Here are some of the major events of his papal ministry and retirement:
2005:
April 19 – German Cardinal Joseph Ratzinger, the head of the Vatican’s doctrinal office, is elected to succeed Pope John Paul II as the 265th leader of the Roman Catholic Church. He chooses the name Benedict XVI.
2006:
Sept. 9-14 – The pope visits his Bavarian homeland. He sparks protests from the Muslim world with a speech quoting a 14th century Byzantine emperor who said Islam had only brought evil to the world and was spread by the sword. Days later, Benedict says he was “deeply sorry” about Muslim reaction to his speech, which he says was misunderstood.
Nov. 28-Dec. 1 – Papal trip to Turkey is a fence-mending visit including prayers with Istanbul’s grand mufti facing Mecca at the city’s Blue Mosque.
2007:
July 7 – Pope issues a declaration allowing the old Latin Mass to be celebrated more widely, a demand of church traditionalists.
2008:
Feb. 5. – Pope changes a Latin prayer for Good Friday services by traditionalist Catholics, deleting a reference to Jews and their “blindness” but still calling for them to accept Jesus.
2009:
Jan. 24 – Pope causes uproar by lifting excommunications of four ultra-traditionalist bishops, including a Holocaust denier.
2010:
Nov. 6 – Benedict arrives in Spain for a two-day visit. He attacks abortion and same-sex marriage, recently legalised in Spain, in a Mass to consecrate Barcelona’s Sagrada Familia church in another pointed criticism of what he called Spain’s “aggressive secularism”.
2011:
July 25 – The Vatican recalls its ambassador to Ireland following an unprecedented rebuke of the Holy See by the Irish parliament in the wake of a report that accused church authorities of covering up sexual abuse.
2012:
Through the year, Benedict’s papacy is shaken by a scandal dubbed “Vatileaks” in which leaked documents show infighting among Benedict’s aides and general dysfunction at the heart of the Church’s central administration, known as the Curia. The scandal exposed financial corruption and allegations about the existence of a so-called “gay lobby” that used blackmail to protect its members.
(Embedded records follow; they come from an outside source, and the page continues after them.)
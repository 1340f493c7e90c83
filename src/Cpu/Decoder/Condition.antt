-- ===== src/Cpu/Decoder/Condition.antt =====
-- Opcode 19 of `decode` (src/cpu/espresso/decoder.cpp), the branches to registers and the logic of the
-- condition register.
use affogato.Base.{ℕ, ◌&&◌, ◌||◌, bit_and, ◌==◌, if◌then◌else◌}
use affogato.Cpu.Decoder.Instruction.{Opcode, DecodedInstruction, blank}
use affogato.Cpu.Decoder.Fields.{field}
use affogato.Cpu.Decoder.Forms.{plain_form, cr_bits_form, cr_move_form, branch_form}

unfoldable pub decode_condition : ℕ → ℕ → DecodedInstruction
decode_condition raw extended_opcode =
    if raw == 0x4C00012C
    then plain_form raw Opcode.instruction_sync
    else if extended_opcode == 257 && bit_and raw 1 == 0
    then cr_bits_form raw Opcode.condition_bit_and
    else if extended_opcode == 129 && bit_and raw 1 == 0
    then cr_bits_form raw Opcode.condition_bit_and_complement
    else if extended_opcode == 449 && bit_and raw 1 == 0
    then cr_bits_form raw Opcode.condition_bit_or
    else if extended_opcode == 417 && bit_and raw 1 == 0
    then cr_bits_form raw Opcode.condition_bit_or_complement
    else if extended_opcode == 33 && bit_and raw 1 == 0
    then cr_bits_form raw Opcode.condition_bit_nor
    else if extended_opcode == 193 && bit_and raw 1 == 0
    then cr_bits_form raw Opcode.condition_bit_xor
    else if extended_opcode == 225 && bit_and raw 1 == 0
    then cr_bits_form raw Opcode.condition_bit_nand
    else if extended_opcode == 289 && bit_and raw 1 == 0
    then cr_bits_form raw Opcode.condition_bit_equivalence
    else if extended_opcode == 0
        && field raw 21 0x3 == 0
        && field raw 16 0x3 == 0
        && bit_and raw 1 == 0
    then cr_move_form raw Opcode.move_condition_register_field
    else if extended_opcode == 16 || extended_opcode == 528
    then branch_form raw (
        if extended_opcode == 16
        then Opcode.conditional_branch_to_link_register
        else Opcode.conditional_branch_to_count_register)
    else blank raw
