-- ===== src/Cpu/Decoder/ImmediateForms.antt =====
-- One function for each set of operands that the cases of `decode` (src/cpu/espresso/decoder.cpp)
-- read: the instructions with an immediate.
use affogato.Base.{ℕ, true, bit_and, ◌==◌}
use affogato.Cpu.Decoder.Instruction.{Opcode, DecodedInstruction, blank}
use affogato.Cpu.Decoder.Fields.{field, flag, sign_extend}

abbrev pub immediate_form : ℕ → Opcode → DecodedInstruction
immediate_form raw op = record (blank raw) {
  opcode = op;
  destination = field raw 21 0x1F;
  base = field raw 16 0x1F;
  immediate = sign_extend raw 16;
}

abbrev pub immediate_record_form : ℕ → Opcode → DecodedInstruction
immediate_record_form raw op = record (blank raw) {
  opcode = op;
  destination = field raw 21 0x1F;
  base = field raw 16 0x1F;
  immediate = sign_extend raw 16;
  record_result = field raw 26 0x3F == 13;
}

abbrev pub store_multiple_form : ℕ → Opcode → DecodedInstruction
store_multiple_form raw op = record (blank raw) {
  opcode = op;
  source = field raw 21 0x1F;
  base = field raw 16 0x1F;
  immediate = sign_extend raw 16;
}

abbrev pub logical_immediate_form : ℕ → Opcode → DecodedInstruction
logical_immediate_form raw op = record (blank raw) {
  opcode = op;
  source = field raw 21 0x1F;
  destination = field raw 16 0x1F;
  immediate = field raw 0 0xFFFF;
}

abbrev pub logical_immediate_record_form : ℕ → Opcode → DecodedInstruction
logical_immediate_record_form raw op = record (blank raw) {
  opcode = op;
  source = field raw 21 0x1F;
  destination = field raw 16 0x1F;
  immediate = field raw 0 0xFFFF;
  record_result = true;
}

abbrev pub compare_immediate_form : ℕ → Opcode → DecodedInstruction
compare_immediate_form raw op = record (blank raw) {
  opcode = op;
  cr_field = field raw 23 0x7;
  base = field raw 16 0x1F;
  immediate = sign_extend raw 16;
}

abbrev pub compare_logical_immediate_form : ℕ → Opcode → DecodedInstruction
compare_logical_immediate_form raw op = record (blank raw) {
  opcode = op;
  cr_field = field raw 23 0x7;
  base = field raw 16 0x1F;
  immediate = field raw 0 0xFFFF;
}

abbrev pub jump_form : ℕ → Opcode → DecodedInstruction
jump_form raw op = record (blank raw) {
  opcode = op;
  immediate = sign_extend (bit_and raw 0x03FFFFFC) 26;
  absolute = flag raw 2;
  link = flag raw 1;
}

abbrev pub conditional_form : ℕ → Opcode → DecodedInstruction
conditional_form raw op = record (blank raw) {
  opcode = op;
  branch_options = field raw 21 0x1F;
  condition_bit = field raw 16 0x1F;
  immediate = sign_extend (bit_and raw 0xFFFC) 16;
  absolute = flag raw 2;
  link = flag raw 1;
}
Oct. 6 – A Vatican court finds Benedict’s former butler guilty of stealing sensitive documents and sentences him to a year and a half in prison. Paolo Gabriele said he had acted out of “visceral” love for the Roman Catholic Church and the pope. Benedict later pardoned Gabriele and the Vatican later found him a job in a hospital. Gabriele died in 2020.
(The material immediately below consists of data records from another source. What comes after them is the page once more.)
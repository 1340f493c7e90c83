-- ===== src/Cpu/Decoder/Immediate.antt =====
-- The cases of the switch of `decode` (src/cpu/espresso/decoder.cpp) with an immediate or a
-- displacement. The cases exclude one another, so the order of the tests is of no account.
use affogato.Base.{ℕ, not, ◌&&◌, ◌||◌, bit_and, ◌<<<◌, ◌==◌, if◌then◌else◌}
use affogato.Cpu.Decoder.Instruction.{Opcode, DecodedInstruction, blank}
use affogato.Cpu.Decoder.Fields.{field}
use affogato.Cpu.Decoder.Forms.{rotate_form, rotate_register_form, base_form, destination_base_form}
use affogato.Cpu.Decoder.FloatForms.{quantized_form, fp_immediate_form}
use affogato.Cpu.Decoder.ImmediateForms.{
  immediate_form, immediate_record_form, store_multiple_form, logical_immediate_form,
  logical_immediate_record_form, compare_immediate_form, compare_logical_immediate_form, jump_form,
  conditional_form,
}

unfoldable pub decode_float_load_store : ℕ → ℕ → DecodedInstruction
decode_float_load_store raw primary =
    if primary == 48
    then fp_immediate_form raw Opcode.load_single
    else if primary == 49
    then (if not (field raw 16 0x1F == 0)
        then fp_immediate_form raw Opcode.load_single_update
        else base_form raw Opcode.unsupported)
    else if primary == 50
    then fp_immediate_form raw Opcode.load_double
    else if primary == 51
    then (if not (field raw 16 0x1F == 0)
        then fp_immediate_form raw Opcode.load_double_update
        else base_form raw Opcode.unsupported)
    else if primary == 52
    then fp_immediate_form raw Opcode.store_single
    else if primary == 53
    then (if not (field raw 16 0x1F == 0)
        then fp_immediate_form raw Opcode.store_single_update
        else base_form raw Opcode.unsupported)
    else if primary == 54
    then fp_immediate_form raw Opcode.store_double
    else if primary == 55
    then (if not (field raw 16 0x1F == 0)
        then fp_immediate_form raw Opcode.store_double_update
        else base_form raw Opcode.unsupported)
    else if primary == 56
    then quantized_form raw Opcode.paired_single_quantized_load
    else if primary == 57
    then (if not (field raw 16 0x1F == 0)
        then quantized_form raw Opcode.paired_single_quantized_load_update
        else base_form raw Opcode.unsupported)
    else if primary == 60
    then quantized_form raw Opcode.paired_single_quantized_store
    else if primary == 61
    then (if not (field raw 16 0x1F == 0)
        then quantized_form raw Opcode.paired_single_quantized_store_update
        else base_form raw Opcode.unsupported)
    else blank raw

unfoldable pub decode_load_store : ℕ → ℕ → DecodedInstruction
decode_load_store raw primary =
    if primary == 32
    then immediate_form raw Opcode.load_word_zero
    else if primary == 33
    then (if not (field raw 16 0x1F == 0)
        then immediate_form raw Opcode.load_word_update
        else base_form raw Opcode.unsupported)
    else if primary == 34
    then immediate_form raw Opcode.load_byte_zero
    else if primary == 35
    then (if not (field raw 16 0x1F == 0)
        then immediate_form raw Opcode.load_byte_update
        else base_form raw Opcode.unsupported)
    else if primary == 36
    then immediate_form raw Opcode.store_word
    else if primary == 37
    then (if not (field raw 16 0x1F == 0)
        then immediate_form raw Opcode.store_word_update
        else base_form raw Opcode.unsupported)
    else if primary == 38
    then immediate_form raw Opcode.store_byte
    else if primary == 39
    then (if not (field raw 16 0x1F == 0)
        then immediate_form raw Opcode.store_byte_update
        else base_form raw Opcode.unsupported)
    else if primary == 40
    then immediate_form raw Opcode.load_halfword_zero
    else if primary == 41
    then (if not (field raw 16 0x1F == 0) && not (field raw 16 0x1F == field raw 21 0x1F)
        then immediate_form raw Opcode.load_halfword_zero_update
        else destination_base_form raw Opcode.unsupported)
    else if primary == 42
    then immediate_form raw Opcode.load_halfword_algebraic
    else if primary == 44
    then immediate_form raw Opcode.store_halfword
    else if primary == 45
    then (if not (field raw 16 0x1F == 0)
        then immediate_form raw Opcode.store_halfword_update
        else base_form raw Opcode.unsupported)
    else if primary == 46
    then immediate_form raw Opcode.load_multiple_word
    else if primary == 47
    then store_multiple_form raw Opcode.store_multiple_word
    else decode_float_load_store raw primary

unfoldable pub decode_compare_immediate : ℕ → ℕ → DecodedInstruction
decode_compare_immediate raw primary =
    if primary == 11
    then (if bit_and raw (1 <<< 22) == 0
        then compare_immediate_form raw Opcode.compare_signed_immediate
        else blank raw)
    else if primary == 12 || primary == 13
    then immediate_record_form raw Opcode.add_immediate_carry
    else if primary == 10
    then compare_logical_immediate_form raw Opcode.compare_unsigned_immediate
    else if primary == 16
    then conditional_form raw Opcode.conditional_branch
    else decode_load_store raw primary

unfoldable pub decode_immediate : ℕ → ℕ → DecodedInstruction
decode_immediate raw primary =
    if primary == 7
    then immediate_form raw Opcode.multiply_low_immediate
    else if primary == 8
    then immediate_form raw Opcode.subtract_from_immediate_carry
    else if primary == 14
    then immediate_form raw Opcode.addi
    else if primary == 15
    then immediate_form raw Opcode.addis
    else if primary == 20 || primary == 21
    then rotate_form raw (
        if primary == 20
        then Opcode.rotate_left_word_and_mask_insert
        else Opcode.rotate_left_word_and_mask)
    else if primary == 23
    then rotate_register_form raw Opcode.rotate_left_word_and_mask_register
    else if primary == 24 || primary == 25
    then logical_immediate_form raw
        (if primary == 25 then Opcode.or_immediate_shifted else Opcode.ori)
    else if primary == 26 || primary == 27
    then logical_immediate_form raw
        (if primary == 26 then Opcode.xor_immediate else Opcode.xor_immediate_shifted)
    else if primary == 18
    then jump_form raw Opcode.branch
    else if primary == 28
    then logical_immediate_record_form raw Opcode.and_immediate_record
    else if primary == 29
    then logical_immediate_record_form raw Opcode.and_immediate_shifted_record
    else decode_compare_immediate raw primary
Feb. 11 – Benedict announces his intention to resign, saying he no longer has the physical and mental strength to run the Church. The surprise announcement shocks a meeting of cardinals.
Feb. 28 – Benedict formally steps down, moving temporarily to the papal summer residence south of Rome, and later moving to a former convent inside the Vatican gardens, with his secretary, Archbishop Georg Ganswein, and other aides and medical staff.
Jan. 20 – An independent report in Germany alleges Benedict failed to act against four cases of sexual abuse in his archdiocese when he was Archbishop of Munich between 1977 and 1982. Benedict pope later acknowledges errors occurred and asks for forgiveness.
Dec. 31 – Benedict dies in the Mater Ecclesiae Monastery in the Vatican where he had lived since his resignation.